Even though Eyes Wide Shut was named by dozens of critics as the best film to come out that year, in terms of Kubrick’s work, it is the most under-appreciated gem in his entire filmography. Just a quick glance at ratings of other various films by the director on the website Rotten Tomatoes shows movies like 1960’s Spartacus at 90% and 1964’s Dr. Strangelove at a 100% across-the-board freshness rating. Several of his films are routinely mentioned in some of the most esteemed critics’ greatest ever lists, the National Film Registry has selected many of Kubrick’s works to be preserved by the archive; he won one Oscar from the numerous nominations for that award, as well as nods for BAFTA, and the Golden Globes. And while Eyes Wide Shut garnered great reviews from many critics, it has a low (for Kubrick) 77% rating, and didn’t get much love from the American film awards, save for a Golden Globe nomination for Best Original Score.

If you happen to be one of those people who saw the film upon its release and fell in with the 23% that didn’t particularly like Kubrick’s final work, the IFC showcase is a chance to give his most underrated film a second glance.

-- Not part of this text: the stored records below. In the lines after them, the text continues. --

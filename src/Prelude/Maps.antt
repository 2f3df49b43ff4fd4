-- ===== src/Prelude/Maps.antt =====
-- Go maps with string keys, as functions, and the loops that delete while they range over a map.
use mathlib.Core.Bool.{Bool}
use mathlib.Core.Option.{Option, none, some}
use caspaste.Prelude.Tests.{if◌then◌else◌}
use caspaste.Prelude.Texts.{Text, text_eq}

abbrev pub Map {ℓ} : Type ℓ → Type ℓ
Map V = Text → Option V

module _ {ℓ} {V : Type ℓ} where
  abbrev pub put : Text → V → Map V → Map V
  put k v m j = if text_eq j k then some v else m j

  -- `delete(m, k)`.
  abbrev pub remove : Text → Map V → Map V
  remove k m j = if text_eq j k then none else m j

  abbrev drop_if : (V → Bool) → Option V → Option V
  drop_if test none = none
  drop_if test (some v) = if test v then none else some v

  -- `for k, v := range m { if test(v) { delete(m, k) } }`.
  abbrev pub purge : (V → Bool) → Map V → Map V
  purge test m j = drop_if test (m j)

  -- `m[k]`, with the zero value for a missing key.
  abbrev pub read_or : V → Option V → V
  read_or zero_value none = zero_value
  read_or zero_value (some v) = v
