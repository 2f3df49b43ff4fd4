-- ===== src/Prelude/Split.antt =====
-- `strings.Split` at one byte and `strings.Join`.
use Prim.Native.Nat.{ℕ}
use mathlib.Core.Path.{◌≡◌, refl, ap, ◌∙◌}
use mathlib.Core.Bool.{Bool, true, false}
use mathlib.Core.List.{List, [], ◌∷◌, ◌++◌}
use native.Mathlib.Omega.{arith}
use caspaste.Prelude.Tests.{◌==◌, if◌then◌else◌}
use caspaste.Prelude.Lists.{All}
use caspaste.Prelude.Texts.{Text}

abbrev pub add_first : ℕ → List Text → List Text
add_first c [] = (c ∷ []) ∷ []
add_first c (w ∷ ws) = (c ∷ w) ∷ ws

unfoldable pub split_on : ℕ → Text → List Text
split_on sep [] = [] ∷ []
split_on sep (c ∷ t) = let rest = split_on sep t in if c == sep then [] ∷ rest else add_first c rest

unfoldable pub join_with : Text → List Text → Text
join_with sep [] = []
join_with sep (w ∷ []) = w
join_with sep (w ∷ v ∷ ws) = w ++ (sep ++ join_with sep (v ∷ ws))

-- No byte of the text is the separator.
abbrev pub lacks : ℕ → Text → Bool
lacks sep [] = true
lacks sep (c ∷ t) = if c == sep then false else lacks sep t

pub split_on-lacks : (sep : ℕ) (w : Text) → lacks sep w ≡ true → split_on sep w ≡ w ∷ []
unfolding split_on
split_on-lacks sep [] h = refl
split_on-lacks sep (c ∷ w) h = ground (arith, split_on-lacks sep w)

pub split_on-append :
    (sep : ℕ) (w t : Text) → lacks sep w ≡ true → split_on sep (w ++ sep ∷ t) ≡ w ∷ split_on sep t
unfolding split_on
split_on-append sep [] t h = ground arith
split_on-append sep (c ∷ w) t h = ground (arith, split_on-append sep w t)

-- Splitting undoes joining, for words that do not hold the separator.
pub split_on-join_with :
    (sep : ℕ) (w : Text) (ws : List Text)
    → lacks sep w ≡ true
    → All (λ v. lacks sep v ≡ true) ws
    → split_on sep (join_with (sep ∷ []) (w ∷ ws)) ≡ w ∷ ws
unfolding join_with
split_on-join_with sep w [] h hs = split_on-lacks sep w h
split_on-join_with sep w (v ∷ ws) h hs =
    split_on-append sep w (join_with (sep ∷ []) (v ∷ ws)) h
    ∙ ap (◌∷◌ w) (split_on-join_with sep v ws hs.0 hs.1)

-- The parts of a split do not hold the separator.
pub split_on-All : (sep : ℕ) (t : Text) → All (λ w. lacks sep w ≡ true) (split_on sep t)
unfolding split_on
split_on-All sep [] = (refl, tt)
split_on-All sep (c ∷ t) = part (c == sep) refl (split_on sep t) (split_on-All sep t)
  where
    part :
        (b : Bool)
        → (c == sep) ≡ b
        → (rest : List Text) → All (λ w. lacks sep w ≡ true) rest
        → All (λ w. lacks sep w ≡ true) (if b then [] ∷ rest else add_first c rest)
    part true e rest h = (refl, h)
    part false e [] h = (rw e refl, tt)
    part false e (w ∷ ws) h = (rw e h.0, h.1)

-- Nor another byte that the text does not hold.
pub split_on-All-lacks :
    (sep s : ℕ) (t : Text) → lacks s t ≡ true → All (λ w. lacks s w ≡ true) (split_on sep t)
unfolding split_on
split_on-All-lacks sep s [] k = (refl, tt)
split_on-All-lacks sep s (c ∷ t) k =
    part (c == sep) (c == s) refl (split_on sep t) (split_on-All-lacks sep s t (ground arith))
      (ground arith)
  where
    part :
        (b d : Bool)
        → (c == s) ≡ d
        → (rest : List Text) → All (λ w. lacks s w ≡ true) rest
        → d ≡ false
        → All (λ w. lacks s w ≡ true) (if b then [] ∷ rest else add_first c rest)
    part true d e rest h z = (refl, h)
    part false d e [] h z = (rw e (rw z refl), tt)
    part false d e (w ∷ ws) h z = (rw e (rw z h.0), h.1)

A good primer before seeing Tom Cruise and Nicole Kidman’s marriage woes manifest on screen (the couple would divorce in real life two years later) would be the 1926 novella the film is based on, Arthur Schnitzler’s Dream Story. While there are a few glaring differences between Schnitzler’s work and the film it inspired, Eyes Wide Shut can be appreciated even more when you see how Kubrick was able to easily transform the story’s turn-of-the-century Vienna into late-20th-century New York City. And nearly 15 years after its release, the film has not only aged into a classic, but is still as haunting and beautiful as it was when it first came out in 1999.